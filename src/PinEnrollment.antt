-- ===== src/PinEnrollment.antt =====
-- utils/pin-enrollment.ts: the private key is wrapped under a PIN, and what was wrapped is opened again
-- before it is given back. The operations of utils/crypto.ts are parameters, as is `toLowerCase`.
mod Tests
use vault_drive.Base.{
  ℕ, Bool, true, false, not, ◌||◌, String, Option, none, some, List, [], ◌∷◌, ◌≡◌, ◌⊎◌, inl, inr,
  refl, if◌then◌else◌, truthy, truthy_text, get_or, is_empty, ◌==◌, text_eq, Outcome, ok, throw,
  Outcome-cases, arith, Bool-cases,
}
use vault_drive.Base.JsText.{Text, units, trim, includes}
use vault_drive.Base.Json.{Json, field, truthy_json}

-- What is thrown: one of the module's messages, or the text of another error.
pub data PinError : Type 0 where
  missing_private_key incorrect_password pin_not_verified password_not_verified : PinError
  other_error : Text → PinError
  crypto_error : String → PinError

pub record PinEnrollmentResult : Type 0 where
  pub private_key_pin_encrypted : String
  pub re_encrypted_private_key : Option String

pub data Enrollment : Type 0 where
  enrolled : PinEnrollmentResult → Enrollment
  refused : PinError → Enrollment

-- The four operations, each with the version of the envelope.
pub record KeyWrapping : Type 0 where
  pub decrypt_with_password : String → String → Json → Outcome String
  pub encrypt_with_password : String → String → Json → Outcome String
  pub decrypt_with_pin : String → String → Json → Outcome String
  pub encrypt_with_pin : String → String → Json → Outcome String

-- `getPinEnrollmentErrorMessage` of an `Error` with this message.
unfoldable pub get_pin_enrollment_error_message : (Text → Text) → Text → PinError
get_pin_enrollment_error_message lower raw =
    let message = trim raw in
    let normalized = lower message in
    if is_empty message
    then incorrect_password
    else if includes normalized (units "decryption failed") || includes normalized (units "decrypt")
    then incorrect_password
    else other_error message

-- The version in the stored user, else 1. The arguments are the stored text and `JSON.parse`.
unfoldable pub kek_envelope_version : (String → Option Json) → Option String → Json
kek_envelope_version json_parse none = Json.number 1
kek_envelope_version json_parse (some user_json) =
    if truthy_text user_json
    then elim (json_parse user_json) [
      | none ↦ Json.number 1
      | some user ↦
          if truthy_json (field "kek_envelope_version" user)
          then get_or (field "kek_envelope_version" user) (Json.number 1)
          else Json.number 1
    ]
    else Json.number 1

Either-cases :
    (o : (String × Bool) ⊎ PinError)
    → ((p : String × Bool) × (o ≡ inl p)) ⊎ ((e : PinError) × (o ≡ inr e))
Either-cases (inl p) = inl (p, refl)
Either-cases (inr e) = inr (e, refl)

module _ (k : KeyWrapping) (lower : Text → Text) (version : Json) where
  -- The private key, and whether the previous password opened it.
  unfoldable pub open_private_key : String → String → Option String → (String × Bool) ⊎ PinError
  unfolding get_pin_enrollment_error_message
  open_private_key private_key_encrypted password previous_password =
      elim (k.decrypt_with_password password private_key_encrypted version) [
        | ok pem ↦ inl (pem, false)
        | throw e ↦
            if truthy previous_password
            then elim (k.decrypt_with_password (get_or previous_password "") private_key_encrypted
                version) [
                  | ok pem ↦ inl (pem, true)
                  | throw e' ↦ inr (get_pin_enrollment_error_message lower (units e'))
                ]
            else inr (get_pin_enrollment_error_message lower (units e))
      ]

  -- The wrapper under the password is made again where the previous password was needed.
  unfoldable pub repair_wrapper : String → String → String → Bool → Enrollment
  repair_wrapper password pem pin_encrypted used_recovery =
      if not used_recovery
      then enrolled
          (record { private_key_pin_encrypted = pin_encrypted; re_encrypted_private_key = none })
      else elim (k.encrypt_with_password password pem version) [
        | throw e ↦ refused (crypto_error e)
        | ok again ↦ elim (k.decrypt_with_password password again version) [
          | throw e ↦ refused (crypto_error e)
          | ok verified ↦
              if not (verified == pem)
              then refused password_not_verified
              else enrolled (record {
                private_key_pin_encrypted = pin_encrypted;
                re_encrypted_private_key = some again;
              })
        ]
      ]

  unfoldable pub wrap_with_pin : String → String → String → Bool → Enrollment
  unfolding repair_wrapper
  wrap_with_pin password pin pem used_recovery = elim (k.encrypt_with_pin pin pem version) [
    | throw e ↦ refused (crypto_error e)
    | ok pin_encrypted ↦ elim (k.decrypt_with_pin pin pin_encrypted version) [
      | throw e ↦ refused (crypto_error e)
      | ok verified ↦
          if not (verified == pem)
          then refused pin_not_verified
          else repair_wrapper password pem pin_encrypted used_recovery
    ]
  ]

  unfoldable pub create_pin_protected_private_key :
      Option String → String → String → Option String → Enrollment
  unfolding open_private_key wrap_with_pin
  create_pin_protected_private_key private_key_encrypted password pin previous_password =
      if not (truthy private_key_encrypted)
      then refused missing_private_key
      else elim (open_private_key (get_or private_key_encrypted "") password previous_password) [
        | inr e ↦ refused e
        | inl (pem, used_recovery) ↦ wrap_with_pin password pin pem used_recovery
      ]

  -- The wrapper opens with the secret to the private key that a password opened from the stored one.
  pub record IsVerified (private_key_encrypted : Option String) (pin password : String)
      (previous_password : Option String) (r : PinEnrollmentResult) : Type 0 where
    pub pem : String
    pub used_recovery : Bool
    pub opened :
        open_private_key (get_or private_key_encrypted "") password previous_password
        ≡ inl (pem, used_recovery)
    pub pin_opens : k.decrypt_with_pin pin r.private_key_pin_encrypted version ≡ ok pem
    pub password_opens :
        (again : String)
        → r.re_encrypted_private_key ≡ some again
        → k.decrypt_with_password password again version ≡ ok pem

  repair_wrapper-verified :
      (password pem pin_encrypted : String) (used_recovery : Bool) (r : PinEnrollmentResult)
      → repair_wrapper password pem pin_encrypted used_recovery ≡ enrolled r
      → (r.private_key_pin_encrypted ≡ pin_encrypted)
        × ((again : String)
            → r.re_encrypted_private_key ≡ some again
            → k.decrypt_with_password password again version ≡ ok pem)
  unfolding repair_wrapper
  repair_wrapper-verified password pem pin_encrypted false r e =
      (ground (arith, e), λ again f. absurd (ground (arith, e, f)))
  repair_wrapper-verified password pem pin_encrypted true r e =
      elim (Outcome-cases (k.encrypt_with_password password pem version)) [
        | inl (m, failed) ↦ absurd (ground (arith, e, failed))
        | inr (again, wrapped) ↦
            elim (Outcome-cases (k.decrypt_with_password password again version)) [
              | inl (m, failed) ↦ absurd (ground (arith, e, wrapped, failed))
              | inr (verified, unwrapped) ↦ (
                ground (arith, e, wrapped, unwrapped),
                λ again' f. ground (arith, e, f, wrapped, unwrapped, text_eq.same_iff verified pem),
              )
            ]
      ]

  wrap_with_pin-verified :
      (password pin pem : String) (used_recovery : Bool) (r : PinEnrollmentResult)
      → wrap_with_pin password pin pem used_recovery ≡ enrolled r
      → (k.decrypt_with_pin pin r.private_key_pin_encrypted version ≡ ok pem)
        × ((again : String)
            → r.re_encrypted_private_key ≡ some again
            → k.decrypt_with_password password again version ≡ ok pem)
  unfolding wrap_with_pin
  wrap_with_pin-verified password pin pem used_recovery r e =
      elim (Outcome-cases (k.encrypt_with_pin pin pem version)) [
        | inl (m, failed) ↦ absurd (ground (arith, e, failed))
        | inr (pin_encrypted, wrapped) ↦
            elim (Outcome-cases (k.decrypt_with_pin pin pin_encrypted version)) [
              | inl (m, failed) ↦ absurd (ground (arith, e, wrapped, failed))
              | inr (verified, unwrapped) ↦
                  let (same_wrapper, again_opens) =
                    repair_wrapper-verified password pem pin_encrypted used_recovery r
                      (ground (arith, e, wrapped, unwrapped)) in
                  (
                    ground
                        (arith, same_wrapper, e, wrapped, unwrapped, text_eq.same_iff verified pem),
                    again_opens,
                  )
            ]
      ]

  -- When a PIN is enrolled, the wrapper that is given back opens with the PIN to the private key that
  -- the password (or the previous one) opened, and so does a new wrapper under the password.
  pub create_pin_protected_private_key-IsVerified :
      (private_key_encrypted : Option String) (password pin : String)
      (previous_password : Option String) (r : PinEnrollmentResult)
      → create_pin_protected_private_key private_key_encrypted password pin previous_password
        ≡ enrolled r
      → IsVerified private_key_encrypted pin password previous_password r
  unfolding create_pin_protected_private_key
  create_pin_protected_private_key-IsVerified private_key_encrypted password pin previous_password r
        e =
      elim (Either-cases
        (open_private_key (get_or private_key_encrypted "") password previous_password)) [
          | inr (m, failed) ↦ absurd (ground (arith, e, failed))
          | inl ((pem, used_recovery), opened) ↦
              let (pin_opens, again_opens) =
                wrap_with_pin-verified password pin pem used_recovery r
                  (ground (arith, e, opened)) in
              record {
                pem = pem;
                used_recovery = used_recovery;
                opened = opened;
                pin_opens = pin_opens;
                password_opens = again_opens;
              }
        ]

• _What you will do_
For this exercise, repeat exactly the lines of the data above from the one with "let normalized = lower message in" down to the one with "unfolding get_pin_enrollment_error_message", both end lines included.

• _Output for this exercise_
    let normalized = lower message in
    if is_empty message
    then incorrect_password
    else if includes normalized (units "decryption failed") || includes normalized (units "decrypt")
    then incorrect_password
    else other_error message

-- The version in the stored user, else 1. The arguments are the stored text and `JSON.parse`.
unfoldable pub kek_envelope_version : (String → Option Json) → Option String → Json
kek_envelope_version json_parse none = Json.number 1
kek_envelope_version json_parse (some user_json) =
    if truthy_text user_json
    then elim (json_parse user_json) [
      | none ↦ Json.number 1
      | some user ↦
          if truthy_json (field "kek_envelope_version" user)
          then get_or (field "kek_envelope_version" user) (Json.number 1)
          else Json.number 1
    ]
    else Json.number 1

Either-cases :
    (o : (String × Bool) ⊎ PinError)
    → ((p : String × Bool) × (o ≡ inl p)) ⊎ ((e : PinError) × (o ≡ inr e))
Either-cases (inl p) = inl (p, refl)
Either-cases (inr e) = inr (e, refl)

module _ (k : KeyWrapping) (lower : Text → Text) (version : Json) where
  -- The private key, and whether the previous password opened it.
  unfoldable pub open_private_key : String → String → Option String → (String × Bool) ⊎ PinError
  unfolding get_pin_enrollment_error_message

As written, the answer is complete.